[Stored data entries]
• • •

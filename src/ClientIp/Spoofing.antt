-- ===== src/ClientIp/Spoofing.antt =====
-- What a client can and cannot make of its address by the header X-Forwarded-For.
use Prim.Native.Char.{Char}
use mathlib.Core.List.{reverse-append}
use phantom_share.Prelude.{
  ◌≡◌, ◌≢◌, refl, ap, String, true, false, Option, none, some, List, [], ◌∷◌, ◌++◌, str_eq, eq_iff,
  arith,
}
use text.Mathlib.TextLemmas.{nil-append, cons-append, cons-ne-nil, append-ne-nil_of_right_ne-nil}
use phantom_share.Text.{◌++◌ as join}
use phantom_share.ClientIp.{
  Address, Network, IpText, is_in_any, normalize, normalize_all, networks_of, split_commas, push,
  first_untrusted, walk, ◌>>=◌, resolve_client_ip,
}

module _ (ip : IpText) where
  -- Where the peer and the trusted networks can be read and the peer is in none of them, the client's
  -- address is that of the peer, whatever the header says.
  resolve_untrusted_peer :
      (cidrs : List String) (peer : String) (forwarded_for : Option String) (p : Address)
      (trusted : List Network)
      → normalize ip peer ≡ some p
      → networks_of ip cidrs ≡ some trusted
      → is_in_any trusted p ≡ false
      → resolve_client_ip ip cidrs (some peer) forwarded_for ≡ some p
  unfolding resolve_client_ip
  resolve_untrusted_peer cidrs peer forwarded_for p trusted hp ht h = ground arith

  -- One more entry at the end of the header.
  normalize_all-append :
      (vs : List String) (v : String) {a : Address}
      → normalize ip v ≡ some a
      → normalize_all ip (vs ++ v ∷ []) ≡ (normalize_all ip vs >>= λ rest. some (rest ++ a ∷ []))
  unfolding normalize_all
  normalize_all-append [] v {a} h = ground arith
  normalize_all-append (u ∷ vs) v {a} h = ground (arith, normalize_all-append vs v {a = a} h)

push-append : (c : Char) (xs ys : List String) → xs ≢ [] → push c (xs ++ ys) ≡ push c xs ++ ys
push-append c [] ys h = absurd (h refl)
push-append c (x ∷ xs) ys h = refl

split_commas-ne-nil : (h : String) → split_commas h ≢ []
unfolding split_commas
split_commas-ne-nil String.[] e = cc
split_commas-ne-nil (String.◌∷◌ c s) e = ground (arith, split_commas-ne-nil s)

-- Splitting a header that has one more entry.
split_commas-append :
    (h r : String) → split_commas (join h (String.◌∷◌ "," r)) ≡ split_commas h ++ split_commas r
unfolding split_commas
split_commas-append String.[] r = rw (nil-append (String.◌∷◌ "," r))
split_commas-append (String.◌∷◌ c s) r = rw (cons-append c s (String.◌∷◌ "," r)) (
    ground (
      arith,
      split_commas-append s r,
      push-append c (split_commas s) (split_commas r) (split_commas-ne-nil s),
    ))

walk-append :
    (trusted : List Network) (p x : Address) (chain : List Address)
    → is_in_any trusted p ≡ true
    → is_in_any trusted x ≡ false
    → walk trusted p (some (chain ++ x ∷ [])) ≡ x
unfolding walk first_untrusted
walk-append trusted p x chain hp hx = rw (reverse-append chain (x ∷ [])) (rw (hp, hx))

header-ne-nil : (h : String) (c : Char) (r : String) → str_eq (join h (String.◌∷◌ c r)) "" ≡ false
header-ne-nil h c r = ground (
  arith,
  eq_iff (join h (String.◌∷◌ c r)) "",
  append-ne-nil_of_right_ne-nil h {t = String.◌∷◌ c r} (cons-ne-nil c r),
)

-- The last entry of a header, unless an entry before it is no address.
abbrev pub last_or : Address → Option (List Address) → Address → Address
last_or p none x = p
last_or p (some _) x = x

module _ (ip : IpText) where
  -- Behind a trusted proxy, an entry that a trusted proxy appended and that is no trusted address is the
  -- address of the client whatever the client put into the header before it; only where some entry
  -- before it is no address at all is the address that of the proxy.
  pub resolve_appended :
      (cidrs : List String) (peer h r : String) (p x : Address) (trusted : List Network)
      → normalize ip peer ≡ some p
      → networks_of ip cidrs ≡ some trusted
      → is_in_any trusted p ≡ true
      → split_commas r ≡ r ∷ []
      → normalize ip r ≡ some x
      → is_in_any trusted x ≡ false
      → resolve_client_ip ip cidrs (some peer) (some (join h (String.◌∷◌ "," r)))
        ≡ some (last_or p (normalize_all ip (split_commas h)) x)
  unfolding resolve_client_ip walk
  resolve_appended cidrs peer h r p x trusted hp ht inside one hx outside =
      rw (hp, ht, header-ne-nil h "," r, inside)
        (rw (split_commas-append h r) (
          rw one (
            rw (normalize_all-append ip (split_commas h) r hx)
              (ap some (walked (normalize_all ip (split_commas h)))))))
    where
      walked :
          (o : Option (List Address))
          → walk trusted p (o >>= λ rest. some (rest ++ x ∷ [])) ≡ last_or p o x
      walked none = refl
      walked (some chain) = walk-append trusted p x chain inside outside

• • •

● WORK INSTRUCTIONS: Each entry must appear in the reply exactly as written.

● RESULT FOR THIS TASK:
filename src/ClientIp/Spoofing.antt
-- ===== src/ClientIp/Spoofing.antt =====
-- What a client can and cannot make of its address by the header X-Forwarded-For.
use Prim.Native.Char.{Char}
use mathlib.Core.List.{reverse-append}
use phantom_share.Prelude.{
  ◌≡◌, ◌≢◌, refl, ap, String, true, false, Option, none, some, List, [], ◌∷◌, ◌++◌, str_eq, eq_iff,
  arith,
}
use text.Mathlib.TextLemmas.{nil-append, cons-append, cons-ne-nil, append-ne-nil_of_right_ne-nil}
use phantom_share.Text.{◌++◌ as join}
use phantom_share.ClientIp.{
  Address, Network, IpText, is_in_any, normalize, normalize_all, networks_of, split_commas, push,
  first_untrusted, walk, ◌>>=◌, resolve_client_ip,
}

module _ (ip : IpText) where
  -- Where the peer and the trusted networks can be read and the peer is in none of them, the client's
  -- address is that of the peer, whatever the header says.
  resolve_untrusted_peer :
      (cidrs : List String) (peer : String) (forwarded_for : Option String) (p : Address)
      (trusted : List Network)
      → normalize ip peer ≡ some p
      → networks_of ip cidrs ≡ some trusted
      → is_in_any trusted p ≡ false
      → resolve_client_ip ip cidrs (some peer) forwarded_for ≡ some p
  unfolding resolve_client_ip
  resolve_untrusted_peer cidrs peer forwarded_for p trusted hp ht h = ground arith

  -- One more entry at the end of the header.
  normalize_all-append :
      (vs : List String) (v : String) {a : Address}
      → normalize ip v ≡ some a
      → normalize_all ip (vs ++ v ∷ []) ≡ (normalize_all ip vs >>= λ rest. some (rest ++ a ∷ []))
  unfolding normalize_all
  normalize_all-append [] v {a} h = ground arith
  normalize_all-append (u ∷ vs) v {a} h = ground (arith, normalize_all-append vs v {a = a} h)

push-append : (c : Char) (xs ys : List String) → xs ≢ [] → push c (xs ++ ys) ≡ push c xs ++ ys
push-append c [] ys h = absurd (h refl)
push-append c (x ∷ xs) ys h = refl

split_commas-ne-nil : (h : String) → split_commas h ≢ []
unfolding split_commas
split_commas-ne-nil String.[] e = cc
split_commas-ne-nil (String.◌∷◌ c s) e = ground (arith, split_commas-ne-nil s)

-- Splitting a header that has one more entry.
split_commas-append :
    (h r : String) → split_commas (join h (String.◌∷◌ "," r)) ≡ split_commas h ++ split_commas r
unfolding split_commas
split_commas-append String.[] r = rw (nil-append (String.◌∷◌ "," r))
split_commas-append (String.◌∷◌ c s) r = rw (cons-append c s (String.◌∷◌ "," r)) (
    ground (
      arith,
      split_commas-append s r,
      push-append c (split_commas s) (split_commas r) (split_commas-ne-nil s),
    ))

walk-append :
    (trusted : List Network) (p x : Address) (chain : List Address)
    → is_in_any trusted p ≡ true
    → is_in_any trusted x ≡ false
    → walk trusted p (some (chain ++ x ∷ [])) ≡ x
unfolding walk first_untrusted
walk-append trusted p x chain hp hx = rw (reverse-append chain (x ∷ [])) (rw (hp, hx))

header-ne-nil : (h : String) (c : Char) (r : String) → str_eq (join h (String.◌∷◌ c r)) "" ≡ false
header-ne-nil h c r = ground (
  arith,
  eq_iff (join h (String.◌∷◌ c r)) "",
  append-ne-nil_of_right_ne-nil h {t = String.◌∷◌ c r} (cons-ne-nil c r),
)

-- The last entry of a header, unless an entry before it is no address.
abbrev pub last_or : Address → Option (List Address) → Address → Address
last_or p none x = p
last_or p (some _) x = x

module _ (ip : IpText) where
  -- Behind a trusted proxy, an entry that a trusted proxy appended and that is no trusted address is the
  -- address of the client whatever the client put into the header before it; only where some entry
  -- before it is no address at all is the address that of the proxy.
  pub resolve_appended :
      (cidrs : List String) (peer h r : String) (p x : Address) (trusted : List Network)
      → normalize ip peer ≡ some p
      → networks_of ip cidrs ≡ some trusted
      → is_in_any trusted p ≡ true
      → split_commas r ≡ r ∷ []
      → normalize ip r ≡ some x
      → is_in_any trusted x ≡ false
      → resolve_client_ip ip cidrs (some peer) (some (join h (String.◌∷◌ "," r)))
        ≡ some (last_or p (normalize_all ip (split_commas h)) x)
  unfolding resolve_client_ip walk
  resolve_appended cidrs peer h r p x trusted hp ht inside one hx outside =
      rw (hp, ht, header-ne-nil h "," r, inside)
        (rw (split_commas-append h r) (
          rw one (
            rw (normalize_all-append ip (split_commas h) r hx)
              (ap some (walked (normalize_all ip (split_commas h)))))))
    where
      walked :
          (o : Option (List Address))
          → walk trusted p (o >>= λ rest. some (rest ++ x ∷ [])) ≡ last_or p o x
      walked none = refl
      walked (some chain) = walk-append trusted p x chain inside outside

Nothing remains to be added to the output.